For Windows, where a compression algorithm is not listed, I used the software included with my Canon LiDE 50 scanner, which saves directly to PDF. In Linux, I used the popular gscan2pdf GUI. Having OCR on or off did not seem to make much of a difference, as far as file size. For gscan2pdf, the file was also processed with Unpaper, which should optimize the file further (it also creates blockiness in the document’s whitespace that is undesirable to me, but it’s fine for archiving documents).

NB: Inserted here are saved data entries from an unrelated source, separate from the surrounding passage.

-- ===== src/Gui/Keeps.antt =====
-- Each service on the windows, in src/kernel.c, src/idt.c and sdk/wm.c, keeps them within their bounds.
use my_kernel.Base.{
  All-set, All-get_or, ℕ, zero, suc, ◌+◌, ◌∙◌, ltb, ◌==◌, if◌then◌else◌, Bool, true, false, not,
  ◌&&◌, inl, inr, List, [], ◌∷◌, get_or, set, drop, arith, All, ltb→lt, Bool-cases, Option-cases,
}
use my_kernel.Gui.{
  Window, no_window, Kernel, find_window, window_at, put_window, is_own, own_window, real, text_at,
}
use my_kernel.Gui.Windows.{
  has_focus, api_create_window, api_add_shape, api_clear_shapes, api_get_key, api_poll_key,
  api_set_window_text,
}
use my_kernel.Gui.Buttons.{
  create_button, poll_event, clear_gui, push_event, release_loop, release_windows, mouse_up,
}
use my_kernel.Gui.Bounds.{
  IsWindow, IsGui, length-overwrite, kept, no_window-IsWindow, find_window-window_at, both-right,
  opened-IsWindow, add_to-IsWindow, with_button-IsWindow, without_first-IsWindow,
  push_event-IsWindow,
}

module _ (k : Kernel) (fits : IsGui k) where
  pub window_at-IsWindow : (i : ℕ) → IsWindow (window_at k i)
  window_at-IsWindow i = All-get_or IsWindow k.windows i no_window fits no_window-IsWindow

  put_window-IsGui : (i : ℕ) (win : Window) → IsWindow win → IsGui (put_window i win k)
  put_window-IsGui i win p = All-set IsWindow k.windows i win fits p

release_loop-IsWindow :
    (n b : ℕ) (redraw : Bool) (win : Window)
    → IsWindow win
    → IsWindow (release_loop n b redraw win).1
unfolding release_loop
release_loop-IsWindow zero b redraw win fits = fits
release_loop-IsWindow (suc n) b redraw win fits =
    let (shapes, (le, bx, by, bw, bh, bt, bs), events, texts) = fits in
    elim (Bool-cases (get_or win.button_state b 0 == 1)) [
      | inl e ↦
          let up = record win { button_state = set win.button_state b 0 } in
          let up_fits : IsWindow up =
            (shapes, (le, bx, by, bw, bh, bt, kept win.button_state b 0 bs), events, texts) in
          rw e (
            release_loop-IsWindow n (b + 1) true (push_event b up)
              (push_event-IsWindow b up up_fits))
      | inr e ↦ rw e (release_loop-IsWindow n (b + 1) redraw win fits)
    ]

release_windows-IsWindow :
    (wins : List Window) (redraw : Bool)
    → All IsWindow wins
    → All IsWindow (release_windows redraw wins).1
unfolding release_windows
release_windows-IsWindow [] redraw all = tt
release_windows-IsWindow (win ∷ wins) redraw (fits, all) =
    (go win.is_open, release_windows-IsWindow wins _ all)
  where
    still : Window
    still = record win { is_dragging = false }

    go :
        (b : Bool)
        → IsWindow (if b then release_loop win.button_count 0 redraw still else (redraw, still)).1
    go true = release_loop-IsWindow win.button_count 0 redraw still fits
    go false = fits

-- A release of the mouse keeps every window within its bounds.
pub mouse_up-IsGui : (k : Kernel) → IsGui k → IsGui (mouse_up k)
unfolding mouse_up
mouse_up-IsGui k fits = release_windows-IsWindow k.windows k.force_redraw fits

module _ (k : Kernel) (fits : IsGui k) where
  pub api_create_window-IsGui : (title w h : ℕ) → IsGui (api_create_window title w h k).1
  unfolding api_create_window
  api_create_window-IsGui title w h =
      elim (Option-cases (find_window (λ win. not win.is_open) 0 k.windows)) [
        | inl e ↦ rw (api_create_window, e) fits
        | inr (i, e) ↦
            let name = text_at 31 k.memory (real title k) in
            rw (api_create_window, e)
              (put_window-IsGui k fits i _ (
                opened-IsWindow i w h name k.task_id (window_at k i) (window_at-IsWindow k fits i)))
      ]

  pub api_add_shape-IsGui : (x y w h color : ℕ) → IsGui (api_add_shape x y w h color k)
  unfolding api_add_shape
  api_add_shape-IsGui x y w h color = elim (Option-cases (own_window k)) [
    | inl e ↦ rw (api_add_shape, e) fits
    | inr (i, e) ↦ elim (Bool-cases (ltb (window_at k i).shape_count 100)) [
      | inl room ↦
          rw (api_add_shape, e, room)
            (put_window-IsGui k fits i _ (
              add_to-IsWindow x y w h color (window_at k i) (window_at-IsWindow k fits i)
                (ltb→lt _ _ room)))
      | inr full ↦ rw (api_add_shape, e, full) fits
    ]
  ]

  pub api_clear_shapes-IsGui : IsGui (api_clear_shapes k)
  unfolding api_clear_shapes
  api_clear_shapes-IsGui = elim (Option-cases (own_window k)) [
    | inl e ↦ rw (api_clear_shapes, e) fits
    | inr (i, e) ↦
        let ((n, sx, sy, sw, sh, sc), buttons, events, texts) = window_at-IsWindow k fits i in
        rw (api_clear_shapes, e)
          (put_window-IsGui k fits i _ ((omega arith, sx, sy, sw, sh, sc), buttons, events, texts))
  ]

  pub api_set_window_text-IsGui : (text : ℕ) → IsGui (api_set_window_text text k)
  unfolding api_set_window_text
  api_set_window_text-IsGui text = elim (Option-cases (own_window k)) [
    | inl e ↦ rw (api_set_window_text, e) fits
    | inr (i, e) ↦
        let (shapes, buttons, events, (title, content)) = window_at-IsWindow k fits i in
        rw (api_set_window_text, e)
          (put_window-IsGui k fits i _
            (shapes, buttons, events, (title, length-overwrite _ _ ∙ content)))
  ]

  pub clear_gui-IsGui : IsGui (clear_gui k).1
  unfolding clear_gui
  clear_gui-IsGui = elim (Option-cases (own_window k)) [
    | inl e ↦ rw (clear_gui, e) fits
    | inr (i, e) ↦
        let (shapes, (b, bx, by, bw, bh, bt, bs), (v, types, ids), texts) =
          window_at-IsWindow k fits i in
        rw (clear_gui, e)
          (put_window-IsGui k fits i _
            (shapes, (omega arith, bx, by, bw, bh, bt, bs), (omega arith, types, ids), texts))
  ]

  pub poll_event-IsGui : (out_id : ℕ) → IsGui (poll_event out_id k).1
  unfolding poll_event
  poll_event-IsGui out_id =
      elim (Option-cases
        (find_window (λ win. is_own k win && ltb 0 win.event_count) 2 (drop 2 k.windows))) [
          | inl e ↦ rw (poll_event, e) fits
          | inr (i, e) ↦
              rw (poll_event, e)
                (put_window-IsGui k fits i _
                  (without_first-IsWindow (window_at k i) (window_at-IsWindow k fits i)))
        ]

  pub create_button-IsGui : (x y w h text : ℕ) → IsGui (create_button x y w h text k).1
  unfolding create_button
  create_button-IsGui x y w h text =
      elim (Option-cases
        (find_window (λ win. is_own k win && ltb win.button_count 20) 2 (drop 2 k.windows))) [
          | inl e ↦ rw (create_button, e) fits
          | inr (i, e) ↦
              let t = text_at 15 k.memory (real text k) in
              let found =
                find_window-window_at (λ win. is_own k win && ltb win.button_count 20) k i e in
              let room = ltb→lt _ 20 (both-right (is_own k (window_at k i)) _ found) in
              rw (create_button, e)
                (put_window-IsGui k fits i _ (
                  with_button-IsWindow x y w h t (window_at k i) (window_at-IsWindow k fits i)
                    room))
        ]

  pub api_get_key-IsGui : IsGui (api_get_key k).1
  unfolding api_get_key
  api_get_key-IsGui = elim (Bool-cases (has_focus k)) [
    | inl e ↦ elim (Bool-cases (k.last_game_key == 0)) [
      | inl z ↦ rw (api_get_key, e, z) fits
      | inr z ↦ rw (api_get_key, e, z) fits
    ]
    | inr e ↦ rw (api_get_key, e) fits
  ]

  pub api_poll_key-IsGui : IsGui (api_poll_key k).1
  unfolding api_poll_key
  api_poll_key-IsGui = elim (Bool-cases (has_focus k)) [
    | inl e ↦ rw (api_poll_key, e) fits
    | inr e ↦ rw (api_poll_key, e) fits
  ]
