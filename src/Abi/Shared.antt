-- ===== src/Abi/Shared.antt =====
-- Every branch of syscall_handler_main in src/idt.c keeps the shared windows within their bounds.
use my_kernel.Base.{ℕ, ◌==◌, ◌≡◌, All, if◌then◌else◌, List, [], ◌∷◌, length}
use my_kernel.Gui.{Kernel, real}
use my_kernel.Abi.{Call, Handler}
use my_kernel.Abi.Services.{clipboard_text}
use my_kernel.Abi.Safety.{IsSound, action_stores}

-- Where a call may store through the pointers in its registers: the address and the number of bytes.
abbrev pub stores_of : Call → Kernel → List (ℕ × ℕ)
stores_of c k =
    if c.sys_num == 22
    then (real c.arg1 k, length k.pending_command) ∷ []
    else (if c.sys_num == 29
        then action_stores c.arg1 c.arg2 k
        else (if c.sys_num == 31
            then (c.arg3, 4) ∷ (c.arg2, 4) ∷ (c.arg1, 4) ∷ []
            else (if c.sys_num == 32
                then (c.arg3, 4) ∷ (c.arg2, 4) ∷ (c.arg1, 4) ∷ []
                else (if c.sys_num == 33
                    then (c.arg2, 4) ∷ (c.arg1, 4) ∷ []
                    else (if c.sys_num == 35
                        then (real c.arg5 k, 4)
                          ∷ (real c.arg4 k, 4)
                          ∷ (real c.arg3 k, 4)
                          ∷ (real c.arg2 k, 4)
                          ∷ []
                        else (if c.sys_num == 37
                            then (real c.arg1 k, length (clipboard_text k)) ∷ []
                            else (if c.sys_num == 39 then (real c.arg1 k, 4) ∷ [] else [])))))))

infixr 4 ◌&◌
-- A proof for the first branch, and one for the others.
◌&◌ : {A B : Type 0} → A → B → A × B
a & b = (a, b)

-- Each branch of a list keeps the windows, where the call has its number.
abbrev Keeping : Call → Kernel → List (ℕ × Handler) → Type 0
Keeping c k branches = All (λ b. c.sys_num ≡ b.0 → IsSound (b.1 k).1) branches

So there you go. The difference is significant. One would have to dig into the underpinnings of the software, I think, to expose the reason for this, but I’m definitely curious. Again, DjVu pulls close and surpasses PDF when it comes to black-and-white scanning, but even it falls short when using grayscale (which happens to by my method of choice). I’ll admit I don’t relish the idea of booting into Windows simply to archive documents.